Hair? In the plaster? Indeed.

“This is bovine, probably cow,” he said of the hair in the fallen plaster. “That generally is what was used, and they didn’t put enough in.”
The Long Gallery ceiling is pockmarked with holes where bolts and washers have been attached to the beams above to add support for the ceiling. The holes will soon be filled with plaster.
(Photo by Sharon S. Kessler)

Gaches explained that in the old way of plastering a ceiling, the animal hair is mixed in the other ingredients in the mortar, which is then pressed into the half-inch gap between the laths in the ceiling.

“When you push it up between the laths, it squeezes through the gaps and folds over and helps it hold the ceiling up,” he said.

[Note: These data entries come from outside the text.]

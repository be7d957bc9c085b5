-- ===== src/SharedFlow/Step.antt =====
-- src/sharedflow.rs, `Flow`: the one next thing that a wallet does in its shared send.
pub mod Joining
pub mod Moves
pub mod Acting
pub mod Keeps
pub mod Sent
pub mod Laws
use kiss_bdk.Shared.Input.{unwrap_or, is_empty}
use kiss_bdk.SharedFlow.Run.{
  Saved, FlowError, Visit, Links, World, Run, ◌>>=◌, ◌>>◌, ret, fail, lift, shared, confirmed,
  answered, out_of_attempts, attempt, no_such_message, channel, wallet, signer_link, gave_up,
}
use kiss_bdk.SharedFlow.Start.{
  Terms, refused_by, failed, join_proposal, load, save, NotJoined, is_broadcast,
}
use kiss_bdk.Psbt.{Psbt, Transaction}
use kiss_bdk.Bitcoin.{Bitcoin}
use kiss_bdk.Sp.Address.{AddressText}
use kiss_bdk.Shared.Error.{Error}
use kiss_bdk.Shared.Message.{Message, parse}
use kiss_bdk.Shared.Wire.{Wire}
use kiss_bdk.Shared.Proposal.{is_proposal}
use kiss_bdk.Shared.Session.{
  Session, Stage, proposed, active, broadcast, Newest, mine, theirs, joined, ready, my_turn,
  request,
}
use kiss_bdk.Shared.Session.Steps.{receive, pass, respond, finalize_session, finish}
use kiss_bdk.Common.{
  ℕ, zero, suc, Bytes, Option, none, some, List, [], ◌∷◌, ◌++◌, Result, ok, err, Bool, true, false,
  if◌then◌else◌, ◌&&◌, not, ◌+◌, ◌%◌, ◌^◌, get_elem?,
}

-- How one call to `step` ended. `Progress::Done` is `finished`.
pub data Progress : Type 0 where
  waiting moved : Progress
  finished : Bytes → Progress

abbrev pub is_theirs : Newest → Bool
is_theirs mine = false
is_theirs theirs = true
is_theirs joined = false

-- `Vec::remove`
abbrev pub remove {ℓ} : {A : Type ℓ} → List A → ℕ → List A
remove [] i = []
remove (x ∷ xs) zero = xs
remove (x ∷ xs) (suc i) = x ∷ remove xs i

-- Whether a waiting message is a proposal; the JSON reader is the parameter.
abbrev pub is_proposal_text : (Bytes → Option Message) → Bytes → Bool
is_proposal_text from_str text = elim (parse from_str text) as (λ x. Bool) [
  | ok message ↦ is_proposal message.kind
  | err e ↦ false
]

-- `rposition`: the last position, from `i` on.
abbrev pub rposition : (Bytes → Bool) → ℕ → List Bytes → Option ℕ
rposition p i [] = none
rposition p i (x ∷ xs) = elim (rposition p (suc i) xs) as (λ r. Option ℕ) [
  | some j ↦ some j
  | none ↦ if p x then some i else none
]

-- Oldest first, but a wallet without a shared send takes the newest proposal.
unfoldable pub next_in_inbox : (Bytes → Option Message) → Saved → ℕ
next_in_inbox from_str saved = elim saved.session as (λ x. ℕ) [
  | some s ↦ 0
  | none ↦ unwrap_or (rposition (is_proposal_text from_str) 0 saved.inbox) 0
]

module _ {O : Type 0} (links : Links O) where
  unfoldable pub send : Bytes → Run O FlowError (Unit {0})
  send message world = confirmed channel world world (links.send message world.outside)

  -- The loop over the outbox.
  unfoldable pub send_all : List Bytes → Run O FlowError (Unit {0})
  send_all [] = ret tt
  send_all (message ∷ messages) = do send message; send_all messages

  unfoldable pub broadcast_tx : Transaction → Run O FlowError (Unit {0})
  broadcast_tx tx world = confirmed wallet world world (links.broadcast_tx tx world.outside)

  unfoldable pub sign : Bytes → Visit → Run O FlowError Bytes
  sign asked visit world = answered signer_link world (links.sign asked visit world.outside)

  abbrev pub ask_again : Error → Run O FlowError Bool
  ask_again e world =
      let (again, after) = links.refused e world.outside in
      (ok again, record world { outside = after })

  abbrev pub set_waited : Run O FlowError (Unit {0})
  set_waited world = (ok tt, record world { waited = true })

  abbrev pub get_waited : Run O FlowError Bool
  get_waited world = (ok world.waited, world)

  unfoldable pub receive_batch : Run O FlowError (List Bytes)
  receive_batch world = answered channel world (links.receive world.outside)

  -- Ask the channel for news and put it in the session file.
  unfoldable pub listen : Saved → Run O FlowError Progress
  listen saved = do
    batch ← receive_batch
    (if is_empty batch
        then ret waiting
        else (do save links (record saved { inbox = saved.inbox ++ batch }); ret moved))

  module _ (b : Bitcoin) (w : Wire) (text : AddressText) (updater : Psbt → Option Psbt) where
    -- The visits to the signer, until an answer passes or the signer gives up.
    unfoldable pub visit_signer : ℕ → Session → Bytes → Visit → Run O FlowError Session
    visit_signer zero s asked visit = fail out_of_attempts
    visit_signer (suc attempts) s asked visit = do
      answer ← sign asked visit
      elim (respond b w s answer) as (λ r. Run O FlowError Session) [
        | ok passed ↦ ret passed.1
        | err e ↦ do
          again ← ask_again e
          (if again then visit_signer attempts s asked visit else fail (gave_up e))
      ]

    -- What came of joining: a proposal that fails a check is dropped, trouble on this side is not.
    abbrev pub take_join : Saved → Result NotJoined Session → Run O FlowError Saved
    take_join saved (ok s) = ret (record saved { session = some s })
    take_join saved (err (refused_by reason)) = ret saved
    take_join saved (err (failed reason)) = fail reason

    -- A message while this wallet has no shared send.
    unfoldable pub consider : Bytes → Option Terms → Saved → Message → Run O FlowError Saved
    consider me terms saved message = if not (is_proposal message.kind) then ret saved else (do
      outcome ← attempt (join_proposal links b w text updater me message terms)
      take_join saved outcome)

    module _ (from_str : Bytes → Option Message) (me : Bytes) (terms : Option Terms) where
      -- Act on one message, which the session takes when there is one.
      unfoldable pub handle_message : Saved → Option Session → Message → Run O FlowError Saved
      handle_message saved none message = consider me terms saved message
      handle_message saved (some s) message =
          ret (record saved { session = some ((receive b w s message).1) })

      abbrev pub handle_parsed : Saved → Result Error Message → Run O FlowError Saved
      handle_parsed saved (ok message) = handle_message saved saved.session message
      handle_parsed saved (err e) = ret saved

      unfoldable pub handle : Saved → Bytes → Run O FlowError Saved
      handle saved line = handle_parsed saved (parse from_str line)

      -- The message at a position of the inbox, which leaves it.
      abbrev pub step_message : Saved → ℕ → Option Bytes → Run O FlowError Progress
      step_message saved next none = fail no_such_message
      step_message saved next (some line) = do
        handled ← handle saved line
        save links (record handled { inbox = remove handled.inbox next })
        ret moved

      unfoldable pub step_inbox : Saved → Run O FlowError Progress
      step_inbox saved =
          let next = next_in_inbox from_str saved in
          step_message saved next (get_elem? saved.inbox next)

      -- Every input is signed.
      unfoldable pub step_ready : Saved → Session → Run O FlowError Progress
      step_ready saved s = do
        spent ← get_waited
        (if is_theirs s.newest && not spent then (do set_waited; listen saved) else (do
          tx ← lift (finalize_session b w s)
          broadcast_tx tx
          after ← lift (finish b w s (b.compute_txid tx))
          save links (record saved { session = some after })
          ret moved))

      unfoldable pub step_sign : ℕ → Saved → Session → Run O FlowError Progress
      step_sign attempts saved s = do
        asked ← lift (request w s)
        next ← lift (pass b w s)
        after ←
            visit_signer attempts s asked
              (record { session = s.session; number = (s.visits + 1) % 2 ^ 32; pass = next })
        save links (record saved { session = some after })
        ret moved

      unfoldable pub step_active : ℕ → Saved → Session → Run O FlowError Progress
      step_active attempts saved s = do
        is_ready ← lift (ready w s)
        (if is_ready then step_ready saved s else (do
          turn ← lift (my_turn w s)
          (if turn then step_sign attempts saved s else listen saved)))

      abbrev pub step_session : ℕ → Saved → Option Session → Run O FlowError Progress
      step_session attempts saved none = listen saved
      step_session attempts saved (some s) =
          if is_broadcast s.stage
          then ret (finished (unwrap_or s.txid []))
          else step_active attempts saved s

      unfoldable pub step_next : ℕ → Saved → Run O FlowError Progress
      step_next attempts saved =
          if not (is_empty saved.inbox)
          then step_inbox saved
          else step_session attempts saved saved.session

      -- What is owed to the other wallet goes out before anything else.
      abbrev pub step_outbox : ℕ → Saved → Option Session → Run O FlowError Progress
      step_outbox attempts saved none = step_next attempts saved
      step_outbox attempts saved (some s) =
          if is_empty s.outbox then step_next attempts saved else (do
            send_all s.outbox
            save links (record saved { session = some (record s { outbox = [] }) })
            ret moved)

      -- Do the one next thing. The signer is asked `attempts` times at most.
      unfoldable pub step : ℕ → Run O FlowError Progress
      step attempts = do saved ← load links; step_outbox attempts saved saved.session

And the right amount of animal hair has a lot to do with a ceiling’s staying power, he said. The hair in the plaster entangles and helps it stick to itself as it oozes around the lath.

Gaches’ theory is that over the years, the normal expanding and contracting of the plaster in summer’s heat and winter’s cold caused some cracks to develop in the Long Gallery ceiling. Those cracks loosened the plaster, and it gradually came completely loose from the laths. More animal hair in the mix might have helped it hang on a bit better, he said. “But having said that, the ceiling stood for 150 years. … Maybe we should consider that a success.”

On the other hand, he said, Jacobean ceilings put up 400 years ago are still perfectly OK, “because Jacobean plasterers put lots and lots of hair in.”

Gaches and his colleagues have worked on ceilings at historic buildings including No. 10 Downing Street, the House of Lords, Belvoir Castle, Stoke Rochford Hall and a decorative ceiling in a garden building commissioned by the Royal Warrant Office as a wedding gift for Prince Charles and Camilla, the duchess of Cornwall.

This week at Harlaxton Manor, while they waited for the first layer of plaster to dry, the Skillington crew carefully drilled holes and bolted other areas of the ceiling to the underlying beams in a process they called “stitching the ceiling back together.”

The goal is to maintain the historical integrity of the manor by replacing as little of the ceiling as possible, while making it as safe as possible. It’s a task the college administrators take very seriously.
Michael Stokes, of Skillington Workshop, showed a bundle of animal hair that is used in the plaster.
(Photo by Sharon S. Kessler)

The Harlaxton staff took this opportunity to also examine all the ceilings in the formal rooms of the manor, Welsh said. “Only the Long Gallery seems to have had that problem, and the report from the plasterer shows previous repairs in the '50s and major cracks that had stabilized, probably in the 1930s, but none of the others (ceilings) are showing any signs of coming down.”

In another stroke of luck, the damage only affected the flat plaster part of the Long Gallery ceiling. The decorative plasterwork around the edges went unscathed. And as these projects go, this repair job is relatively easy, Gaches said.

When complete, the project will have cost about £15,000 or $30,000, Welsh said.

“It’s off-budget but well within the surplus we are going to generate this year,” he said. “And $30,000 is a drop in the ocean to be honest with you. We’d prefer not to spend it, but it’s not drastic.”

The next challenge is that once this work ends, the ceiling will be full of grey splotches of drying plaster. The staff is concerned about how this would look during upcoming events in the Long Gallery, so they're seeking a "breathable" paint or covering to mask the plaster until the painters can return it to its heavenly glory.